:: What to work on ::
Write out all the entries below without any change.

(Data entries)

+++++

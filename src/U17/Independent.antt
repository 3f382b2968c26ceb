-- ===== src/U17/Independent.antt =====
-- dyaxis/analysis/u17_checksum_independent.py: the second transcription of the checksum.
pub mod Agreement
use sc_adat_appliance.Base.{
  ℕ, ◌+◌, ◌-◌, ◌*◌, ◌%◌, zero, suc, true, false, not, Option, none, some, List, length, get_elem?,
  ltb, ◌==◌, if◌then◌else◌,
}
use sc_adat_appliance.Base.Result.{Result, ok, err, raise_if, ◌>>=◌, ◌>>◌}
use sc_adat_appliance.U17.Emulator.{Fault, bad_size, out_of_fuel, or_index_error}

-- The loop's variables `high` and `low`.
pub record Sum : Type 0 where
  pub high : ℕ
  pub low : ℕ

unfoldable pub add_byte : ℕ → Sum → Sum
add_byte byte s =
    let total = s.low + byte in
    let carry = (if ltb 0xFF total then 1 else 0) in
    record { high = (s.high + carry) % 256; low = total % 256 }

-- `while address < END_EXCLUSIVE`, on fuel.
unfoldable pub sum_from : ℕ → List ℕ → ℕ → Sum → Result Fault Sum
sum_from zero image address s = err out_of_fuel
sum_from (suc fuel) image address s = elim (ltb address 0xFDFD) [
  | false ↦ ok s
  | true ↦ or_index_error (get_elem? image (address - 0x8000)) >>= λ byte.
      sum_from fuel image (address + 1) (add_byte byte s)
]

unfoldable pub complemented_sum : List ℕ → Result Fault ℕ
complemented_sum image = do
  raise_if (not (length image == 0x8000)) bad_size
  s ← sum_from 0x8000 image 0x8000 (record { high = 0; low = 0 })
  ok ((0xFF - s.high) * 256 + (0xFF - s.low))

+++++

:: Written reply ::
filename src/U17/Independent.antt
repository 3f382b2968c26ceb
-- ===== src/U17/Independent.antt =====
-- dyaxis/analysis/u17_checksum_independent.py: the second transcription of the checksum.
pub mod Agreement
use sc_adat_appliance.Base.{
  ℕ, ◌+◌, ◌-◌, ◌*◌, ◌%◌, zero, suc, true, false, not, Option, none, some, List, length, get_elem?,
  ltb, ◌==◌, if◌then◌else◌,
}
use sc_adat_appliance.Base.Result.{Result, ok, err, raise_if, ◌>>=◌, ◌>>◌}
use sc_adat_appliance.U17.Emulator.{Fault, bad_size, out_of_fuel, or_index_error}

-- The loop's variables `high` and `low`.
pub record Sum : Type 0 where
  pub high : ℕ
  pub low : ℕ

unfoldable pub add_byte : ℕ → Sum → Sum
add_byte byte s =
    let total = s.low + byte in
    let carry = (if ltb 0xFF total then 1 else 0) in
    record { high = (s.high + carry) % 256; low = total % 256 }

-- `while address < END_EXCLUSIVE`, on fuel.
unfoldable pub sum_from : ℕ → List ℕ → ℕ → Sum → Result Fault Sum
sum_from zero image address s = err out_of_fuel
sum_from (suc fuel) image address s = elim (ltb address 0xFDFD) [
  | false ↦ ok s
  | true ↦ or_index_error (get_elem? image (address - 0x8000)) >>= λ byte.
      sum_from fuel image (address + 1) (add_byte byte s)
]

unfoldable pub complemented_sum : List ℕ → Result Fault ℕ
complemented_sum image = do
  raise_if (not (length image == 0x8000)) bad_size
  s ← sum_from 0x8000 image 0x8000 (record { high = 0; low = 0 })
  ok ((0xFF - s.high) * 256 + (0xFF - s.low))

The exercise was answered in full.